* Try it *
Write out every entry once more, character for character.

* Supplied entries *
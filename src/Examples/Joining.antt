-- ===== src/Examples/Joining.antt =====
-- The join use case at concrete inputs.
use pod_backend.Common.{◌≡◌, refl, true, ◌↔◌, some, [], ◌∷◌, List, pos, ok, err, int_eq, arith}
use pod_backend.Common.Dict.{lookup}
use pod_backend.Entity.Errors.{game_already_reserved}
use pod_backend.Entity.Reservation.{GameReservation}
use pod_backend.Ledger.{World, Ledger, get_active}
use pod_backend.Ledger.Limit.{Safe}
use pod_backend.Reservation.{reserve, cleanup_expired}
use pod_backend.Reservation.Cleanup.{lookup-cleanup_expired}
use pod_backend.Reservation.History.{
  Call, reserves, cancels_by, lists, cleans, run, step, run_new-Safe,
}
use pod_backend.Reservation.Outcomes.{
  MayReserve, CancelCases, reserve_ok_iff, reserve-get_active, reserve-err_unchanged, cancel_cases,
}
use pod_backend.Reservation.Tenure.{run_keeps}
use pod_backend.Examples.Fixtures.{plain, bob, carol, at, one_each, fresh, joining, bob_holds}

-- Bob takes game 7, Carol tries it, the loop cleans up.
abbrev calls : List (World × Call)
calls =
    (at 20, reserves (pos 7) carol)
    ∷ (at 30, lists bob)
    ∷ (at 40, cancels_by (pos 7) carol)
    ∷ (at 50, cleans)
    ∷ []

abbrev pub taken : Ledger
taken = (reserve plain (at 10) fresh (pos 7) bob).0

bob_reserves : (reserve plain (at 10) fresh (pos 7) bob).1 ≡ ok bob_holds
unfolding joining
bob_reserves = refl

carol_waits : (reserve plain (at 20) taken (pos 7) carol).1 ≡ err game_already_reserved
unfolding joining
carol_waits = refl

run_new-Safe_example : Safe plain 50 (run plain fresh calls)
run_new-Safe_example = run_new-Safe plain true one_each 10 calls (omega arith)

pub taken-Safe : Safe plain 10 taken
unfolding run step
taken-Safe = run_new-Safe plain true one_each 10 ((at 10, reserves (pos 7) bob) ∷ []) (omega arith)

lookup-cleanup_expired_example :
    lookup (pos 7) (cleanup_expired plain 20 taken).0.reservations ≡ some bob_holds
unfolding joining
lookup-cleanup_expired_example = lookup-cleanup_expired plain 20 taken (pos 7) taken-Safe.inv

reserve_ok_iff_example :
    ((r : GameReservation) × ((reserve plain (at 10) fresh (pos 7) bob).1 ≡ ok r))
    ↔ MayReserve plain (at 10) fresh (pos 7) bob
reserve_ok_iff_example = reserve_ok_iff plain (at 10) fresh (pos 7) bob

reserve-get_active_example :
    (bob_holds.game_id ≡ pos 7)
    × (bob_holds.wallet_address ≡ bob)
    × (bob_holds.created_at ≡ 10)
    × (get_active 20 taken (pos 7) ≡ some bob_holds)
unfolding joining
reserve-get_active_example =
    reserve-get_active plain (at 10) fresh (pos 7) (pos 7) bob bob_holds 20 bob_reserves

reserve-err_unchanged_example : (reserve plain (at 20) taken (pos 7) carol).0 ≡ taken
reserve-err_unchanged_example =
    (reserve-err_unchanged plain (at 20) taken (pos 7) carol game_already_reserved carol_waits).0

run_keeps_example : get_active 50 (run plain taken calls) (pos 7) ≡ some bob_holds
unfolding joining
run_keeps_example =
    run_keeps plain (pos 7) bob_holds 10 taken calls taken-Safe (omega arith) (omega arith)
      (λ x. x, (λ e. cc, (λ e. ground arith, (λ x. x, tt)))) refl

cancel_cases_example : CancelCases plain (at 20) taken (pos 7) (pos 7) bob
cancel_cases_example = cancel_cases plain (at 20) taken (pos 7) (pos 7) bob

* Response to this exercise *
filename src/Examples/Joining.antt
-- ===== src/Examples/Joining.antt =====
-- The join use case at concrete inputs.
use pod_backend.Common.{◌≡◌, refl, true, ◌↔◌, some, [], ◌∷◌, List, pos, ok, err, int_eq, arith}
use pod_backend.Common.Dict.{lookup}
use pod_backend.Entity.Errors.{game_already_reserved}
use pod_backend.Entity.Reservation.{GameReservation}
use pod_backend.Ledger.{World, Ledger, get_active}
use pod_backend.Ledger.Limit.{Safe}
use pod_backend.Reservation.{reserve, cleanup_expired}
use pod_backend.Reservation.Cleanup.{lookup-cleanup_expired}
use pod_backend.Reservation.History.{
  Call, reserves, cancels_by, lists, cleans, run, step, run_new-Safe,
}
use pod_backend.Reservation.Outcomes.{
  MayReserve, CancelCases, reserve_ok_iff, reserve-get_active, reserve-err_unchanged, cancel_cases,
}
use pod_backend.Reservation.Tenure.{run_keeps}
use pod_backend.Examples.Fixtures.{plain, bob, carol, at, one_each, fresh, joining, bob_holds}

-- Bob takes game 7, Carol tries it, the loop cleans up.
abbrev calls : List (World × Call)
calls =
    (at 20, reserves (pos 7) carol)
    ∷ (at 30, lists bob)
    ∷ (at 40, cancels_by (pos 7) carol)
    ∷ (at 50, cleans)
    ∷ []

abbrev pub taken : Ledger
taken = (reserve plain (at 10) fresh (pos 7) bob).0

bob_reserves : (reserve plain (at 10) fresh (pos 7) bob).1 ≡ ok bob_holds
unfolding joining
bob_reserves = refl

carol_waits : (reserve plain (at 20) taken (pos 7) carol).1 ≡ err game_already_reserved
unfolding joining
carol_waits = refl

run_new-Safe_example : Safe plain 50 (run plain fresh calls)
run_new-Safe_example = run_new-Safe plain true one_each 10 calls (omega arith)

pub taken-Safe : Safe plain 10 taken
unfolding run step
taken-Safe = run_new-Safe plain true one_each 10 ((at 10, reserves (pos 7) bob) ∷ []) (omega arith)

lookup-cleanup_expired_example :
    lookup (pos 7) (cleanup_expired plain 20 taken).0.reservations ≡ some bob_holds
unfolding joining
lookup-cleanup_expired_example = lookup-cleanup_expired plain 20 taken (pos 7) taken-Safe.inv

reserve_ok_iff_example :
    ((r : GameReservation) × ((reserve plain (at 10) fresh (pos 7) bob).1 ≡ ok r))
    ↔ MayReserve plain (at 10) fresh (pos 7) bob
reserve_ok_iff_example = reserve_ok_iff plain (at 10) fresh (pos 7) bob

reserve-get_active_example :
    (bob_holds.game_id ≡ pos 7)
    × (bob_holds.wallet_address ≡ bob)
    × (bob_holds.created_at ≡ 10)
    × (get_active 20 taken (pos 7) ≡ some bob_holds)
unfolding joining
reserve-get_active_example =
    reserve-get_active plain (at 10) fresh (pos 7) (pos 7) bob bob_holds 20 bob_reserves

reserve-err_unchanged_example : (reserve plain (at 20) taken (pos 7) carol).0 ≡ taken
reserve-err_unchanged_example =
    (reserve-err_unchanged plain (at 20) taken (pos 7) carol game_already_reserved carol_waits).0

run_keeps_example : get_active 50 (run plain taken calls) (pos 7) ≡ some bob_holds
unfolding joining
run_keeps_example =
    run_keeps plain (pos 7) bob_holds 10 taken calls taken-Safe (omega arith) (omega arith)
      (λ x. x, (λ e. cc, (λ e. ground arith, (λ x. x, tt)))) refl

cancel_cases_example : CancelCases plain (at 20) taken (pos 7) (pos 7) bob
cancel_cases_example = cancel_cases plain (at 20) taken (pos 7) (pos 7) bob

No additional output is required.